Circulation: There is about 125–150 mL of CSF at any one time. This CSF circulates within the ventricular system of the brain. The ventricles are a series of cavities filled with CSF. The majority of CSF is produced from within the two lateral ventricles. From here, CSF passes through the interventricular foramina to the third ventricle, then the cerebral aqueduct to the fourth ventricle. From the fourth ventricle, the fluid passes into the subarachnoid space through four openings – the central canal of the spinal cord, the median aperture, and the two lateral apertures. CSF is present within the subarachnoid space, which covers the brain, spinal cord and stretches below the end of the spinal cord to the sacrum. There is a connection from the subarachnoid space to the bony labyrinth of the inner ear making the cerebrospinal fluid continuous with the perilymph in 93% of people. CSF moves in a single outward direction from the ventricles, but multidirectional in the subarachnoid space. Fluid movement is pulsatile, matching the pressure waves generated in blood vessels by the beating of the heart. Some authors dispute this, posing that there is no unidirectional CSF circulation, but cardiac cycle-dependent bi-directional systolic-diastolic to-and-from cranium-spinal CSF movements [2,3]

Clinical significance

• Hydrocephalus is a pathological condition of abnormal accumulation of CSF caused by increased CSF production, blockage of flow, or decreased absorption. The ventricles distend in order to accommodate elevated CSF volumes, potentially causing damage to the brain by pressing its tissue against the bone skull. Hydrocephalus may be congenital or acquired [4]. • CSF Leak is a condition in which CSF is able escape from the subarachnoid space through a hole in the surrounding Dura. The volume of CSF lost in a leak is very variable, ranging from insignificant to very substantial amounts. • Syringomyelia due to blockage of CSF circulation. • Meningitis is a condition in which the coverings of the brain become inflamed. There are two classifications of meningitis: aseptic and bacterial. Aseptic meningitis can be caused by agents such as fungi, medications, and cancer metastasis, but the majority of aseptic meningitis cases are caused by viruses. Fever, nuchal rigidity, and photophobia are classic presenting symptoms. Diagnosis is made via an analysis of CSF obtained through LP. • Subarachnoid Hemorrhage (SAH) is the leakage of blood into the subarachnoid space where it mixes with the CSF. SAH is most commonly caused by trauma with 80% of nondramatic SAHs being caused by aneurysm rupture. Other nondramatic causes of SAH include arteriovenous malformations and vacuities. • Lumber Puncture and CSF Analysis - Lumbar puncture is a sterile procedure, done to obtain CSF samples for diagnostic purposes. It involves passing a needle into the subarachnoid space at the levels between L2 and L5 vertebrae. However, most commonly lumbar puncture is performed between L4 and L5. Biochemical, microbiologic and cytological studies are then carried out on the sample [5] .

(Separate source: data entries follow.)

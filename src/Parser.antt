-- ===== src/Parser.antt =====
-- The part that the parsers of src/xmlbeansxx share: `EmptyParser` (XmlParser.h and XmlParser.cpp)
-- with its namespace context and its stack of open elements, and what XmlObject (XmlTypesGen.xcpp)
-- says of contents. An XmlObject is its contents and the type of its class. The generated code and
-- the tables of types that a program is linked with are a Setting.
pub mod Elements
pub mod LibXml
pub mod Returns
pub mod Quiet
pub mod Opening
pub mod Ending
pub mod Balanced
pub mod Reuse
pub mod Building
pub mod Typed
mod Samples
mod Examples
pub mod Xerces
pub mod Grammars
use xmlbeansxx.Prelude.{
  ℕ, List, [], ◌∷◌, Option, none, some, Bool, true, false, if◌then◌else◌, take, length, Text, codes,
  text_eq,
}
use xmlbeansxx.QName.{QName, qname}
use xmlbeansxx.NsMap
use xmlbeansxx.NsMap.{Result, split_colon}
use xmlbeansxx.Heap.{
  Heap, Fault, bad_pointer, beans_exception, Return, ok, fault, M, load, alloc, plain_node,
}
use xmlbeansxx.Heap
use xmlbeansxx.Schema.{SchemaType, TypeSystem}
use xmlbeansxx.XmlContext.{XmlContext}

-- `origin` is `getOrginSchemaType()`, the type of the object's class.
pub record Object : Type 0 where
  pub contents : Option ℕ
  pub origin : ℕ

-- `str` and `process_contents` of a StackEl are never read: they are left out.
pub record StackEl : Type 0 where
  pub obj : Object
  pub name : QName

-- `xml_object` and `string_type` are XmlObject::type() and XmlString::type(), `depth` is the depth
-- that createSubObject may reach, `xml_string` the constructor of XmlString from a text, and
-- `set_xml_object` the virtual `setXmlObject`, which each generated class overrides.
pub record Setting : Type 0 where
  pub types : ℕ → SchemaType
  pub type_system : TypeSystem
  pub xml_object : ℕ
  pub string_type : ℕ
  pub depth : ℕ
  pub xml_string : Text → M (Option ℕ)
  pub set_xml_object : Object → Object → M Object

-- What a callback changes. The stack has its top first.
pub record State : Type 0 where
  pub xml_context : XmlContext
  pub nodes_stack : List StackEl
  pub heap : Heap

-- A callback returns or throws, and leaves a state in both cases.
abbrev pub P : Type 0 → Type 0
P A = State → Return A × State

abbrev pub and_then : {A B : Type 0} → Return A × State → (A → P B) → Return B × State
and_then (ok a, s) f = f a s
and_then (fault e, s) f = (fault e, s)

infixl 5 ◌>>=◌ ◌>>◌
abbrev pub ◌>>=◌ : {A B : Type 0} → P A → (A → P B) → P B
◌>>=◌ m f s = and_then (m s) f

abbrev pub ◌>>◌ : {A B : Type 0} → P A → P B → P B
m >> k = m >>= λ _. k

abbrev pub return : {A : Type 0} → A → P A
return a s = (ok a, s)

abbrev pub fail : {A : Type 0} → Fault → P A
fail e s = (fault e, s)

-- An operation on the contents.
abbrev pub with_heap : {A : Type 0} → State → Return A × Heap → Return A × State
with_heap s (r, h) = (r, record s { heap = h })

abbrev pub on_heap : {A : Type 0} → M A → P A
on_heap m s = with_heap s (m s.heap)

abbrev pub or_throw : {A : Type 0} → Result A → P A
or_throw (NsMap.ok a) = return a
or_throw NsMap.beans_exception = fail beans_exception

unfoldable pub namespace_uri : Text → P Text
namespace_uri p s = or_throw (NsMap.get_namespace_uri s.xml_context.prefix_map p) s

-- `nsSplit`
abbrev pub qname_of_split : Text → Bool → Option (Text × Text) → P QName
qname_of_split str true none = return (qname [] str)
qname_of_split str false none = do ns ← namespace_uri []; return (qname ns str)
qname_of_split str is_attr (some (p, rest)) = do ns ← namespace_uri p; return (qname ns rest)

unfoldable pub ns_split : Text → Bool → P QName
ns_split str is_attr = qname_of_split str is_attr (split_colon str)

-- `XmlBeans::persistentPrefix()`
abbrev pub persistent_prefix : Text
persistent_prefix = codes "xbsxxP_"

unfoldable pub is_persist_prefix : Text → Bool
is_persist_prefix p = text_eq (take (length persistent_prefix) p) persistent_prefix

-- `getQName`; a prefix that is NULL is `none`.
unfoldable pub get_qname : Option Text → Text → Bool → P QName
get_qname none localname true = return (qname [] localname)
get_qname none localname false = do ns ← namespace_uri []; return (qname ns localname)
get_qname (some p) localname is_attr = do
  ns ← namespace_uri p
  return (record {
    namespace_uri = ns;
    local_part = localname;
    prefix = if is_persist_prefix p then [] else p;
  })

-- `tagSplit`
abbrev pub or_unprefixed : Text → Option (Text × Text) → Text × Text
or_unprefixed str none = ([], str)
or_unprefixed str (some (p, rest)) = (p, rest)

unfoldable pub tag_split : Text → Text × Text
tag_split str = or_unprefixed str (split_colon str)

-- `XmlObject::createContents`
abbrev pub made_contents : ℕ → ℕ → Object
made_contents origin q = record { contents = some q; origin = origin }

abbrev pub contents_made : ℕ → Option ℕ → M Object
contents_made origin (some q) h = (ok (made_contents origin q), h)
contents_made origin none h = (ok (made_contents origin h.next), (alloc (plain_node origin) h).1)

unfoldable pub create_contents : Object → M Object
create_contents o = contents_made o.origin o.contents

-- `XmlObject::getSchemaType`
abbrev pub type_of_contents : ℕ → Option ℕ → M ℕ
type_of_contents origin none h = (ok origin, h)
type_of_contents origin (some p) h = Heap.and_then (load p h) (λ n h'. (ok n.st, h'))

unfoldable pub get_schema_type : Object → M ℕ
get_schema_type o = type_of_contents o.origin o.contents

The presence of infection or a tumour is also indicated by elevated fluid pressure. The constant secretion of CSF contributes to complete CSF renewal four to five times per 24-hour period in the average young adult. The reduction of CSF turnover may contribute to the accumulation of metabolites seen in aging and neurodegenerative diseases. The composition of CSF is strictly regulated, and any variation can be useful for diagnostic purposes.